Similar degrees can have different focuses, and looking at degree titles can be revealing. For instance, within the cyber security designation, you can earn a Master of Science in:

  • Applied Information Technology with a cyber security concentration
  • Computer Information Systems & Cyber Security
  • Computer Science with a cyber security concentration
  • Cyber Security Engineering

Overview of a typical master's in computer science curriculum

Computer science curricula can vary widely between schools, but there is lots of common ground—including among online programs. A typical master's in computer science curriculum covers:

  • Cloud computing
  • Enterprise software design
  • Human-computer interaction
  • Mobile systems and applications
  • Software development
  • Web programming

Programs that accept non-computer scientists also cover such bachelor's-degree-level subjects as basic computer programming and data analysis. Alternatively, students may self-study equivalent undergraduate coursework, or complete a bridge program.

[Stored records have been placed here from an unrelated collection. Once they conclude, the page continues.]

-- ===== src/Config/Pattern.antt =====
-- The pattern of an actor id, as a regular expression.
use minecraft_afk_bot.Config.{matches_actor_id, is_id_start, is_id_part}
use minecraft_afk_bot.Prelude.{
  Text, ℕ, zero, suc, ◌≡◌, ◌↔◌, ◌⊎◌, inl, inr, refl, sym, ◌∙◌, Bool, true, false, ◌&&◌, ◌||◌, List,
  [], ◌∷◌, ◌++◌, leb, length, all, arith,
}

-- The constructs that the pattern uses: a class of ranges, one behind another, and `{0,n}`.
pub data Regex : Type 0 where
  class : List (ℕ × ℕ) → Regex
  sequence : Regex → Regex → Regex
  up_to : ℕ → Regex → Regex

-- A character in one of the ranges.
abbrev pub in_ranges : List (ℕ × ℕ) → ℕ → Bool
in_ranges [] c = false
in_ranges ((low, high) ∷ ranges) c = (leb low c && leb c high) || in_ranges ranges c

-- At most n texts one behind another, each of which is in `P`.
abbrev pub Repeats : (Text → Type 0) → ℕ → Text → Type 0
Repeats P zero u = u ≡ []
Repeats P (suc n) u = (u ≡ []) ⊎ ((s : Text) × (t : Text) × (u ≡ s ++ t) × P s × Repeats P n t)

-- The texts that an expression matches as a whole, which is what `^` and `$` ask for.
abbrev pub Matches : Regex → Text → Type 0
Matches (class ranges) u = (c : ℕ) × (u ≡ c ∷ []) × (in_ranges ranges c ≡ true)
Matches (sequence r q) u = (s : Text) × (t : Text) × (u ≡ s ++ t) × Matches r s × Matches q t
Matches (up_to n r) u = Repeats (Matches r) n u

-- `^[a-z0-9][a-z0-9-]{0,62}$`.
abbrev pub actor_id_pattern : Regex
actor_id_pattern =
    sequence (class ((b'a', b'z') ∷ (b'0', b'9') ∷ []))
      (up_to 62 (class ((b'a', b'z') ∷ (b'0', b'9') ∷ (b'-', b'-') ∷ [])))

abbrev parts : Regex
parts = class ((b'a', b'z') ∷ (b'0', b'9') ∷ (b'-', b'-') ∷ [])

start-in_ranges : (c : ℕ) → in_ranges ((b'a', b'z') ∷ (b'0', b'9') ∷ []) c ≡ is_id_start c
start-in_ranges c = ground arith

part-in_ranges :
    (c : ℕ) → in_ranges ((b'a', b'z') ∷ (b'0', b'9') ∷ (b'-', b'-') ∷ []) c ≡ is_id_part c
part-in_ranges c = ground arith

Repeats-parts :
    (n : ℕ) (u : Text) → Repeats (Matches parts) n u → (all is_id_part u && leb (length u) n) ≡ true
Repeats-parts zero u h = rw h refl
Repeats-parts (suc n) u (inl e) = rw e (ground arith)
Repeats-parts (suc n) u (inr (s, t, e, (c, one, ok), h)) =
    rw (e, one) (ground (arith, Repeats-parts n t h, sym (part-in_ranges c) ∙ ok))

parts-Repeats :
    (n : ℕ) (u : Text) → (all is_id_part u && leb (length u) n) ≡ true → Repeats (Matches parts) n u
parts-Repeats zero [] h = refl
parts-Repeats zero (c ∷ u) h = absurd (ground arith)
parts-Repeats (suc n) [] h = inl refl
parts-Repeats (suc n) (c ∷ u) h =
    inr (
      c ∷ [],
      u,
      refl,
      (c, refl, part-in_ranges c ∙ ground arith),
      parts-Repeats n u (ground arith),
    )

pattern_of : (s : Text) → matches_actor_id s ≡ true → Matches actor_id_pattern s
unfolding matches_actor_id
pattern_of [] h = cc
pattern_of (c ∷ s) h = (
  c ∷ [],
  s,
  refl,
  (c, refl, start-in_ranges c ∙ ground arith),
  parts-Repeats 62 s (ground arith),
)

of_pattern : (s : Text) → Matches actor_id_pattern s → matches_actor_id s ≡ true
unfolding matches_actor_id
of_pattern u (s, t, e, (c, one, ok), h) =
    rw (e, one) (ground (arith, Repeats-parts 62 t h, sym (start-in_ranges c) ∙ ok))

-- The test of an actor id accepts exactly the texts that the pattern in the source matches.
pub matches_actor_id-Matches : (s : Text) → (matches_actor_id s ≡ true) ↔ Matches actor_id_pattern s
matches_actor_id-Matches s = (pattern_of s, of_pattern s)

Overview of a typical master's in cyber security curriculum

Computer science programs offer cyber security classes, but obviously, a master's in cyber security goes deeper. Typical master's in cyber security degree coursework includes:

  • Algorithm analysis
  • Biometrics
  • Cryptography
  • Cyber security architecture
  • Digital forensics/computer forensics
  • Information security strategy and policy

Additionally, while there are bachelor's degrees in cyber security, applicants commonly have a general computer science background.

Computer science vs. cyber security: specializations

Cyber security is far from the only computer science specialization. Top specializations and schools that offer them include:

Artificial intelligence

This specialization prioritizes machine learning and other AI strategies. Southern Methodist University offers an AI specialization as part of its online computer science master's.

Computer engineering

Computer engineering is a distinct discipline from computer science, though it shares common traits. Computer engineers focus more (though not entirely) on hardware than software.

Cyber security

Like most specializations, cyber security can be offered as a separate degree, or as part of a computer science program.

Data communications

This specialization orients students to the relationship between people and technology; you'll learn data science as well as communication skills.

Distributed systems

Distributed systems (aka distributed computing) is essentially an attempt to connect the disparate areas of a system. It has numerous practical and theoretical applications, and is usually offered as a research field.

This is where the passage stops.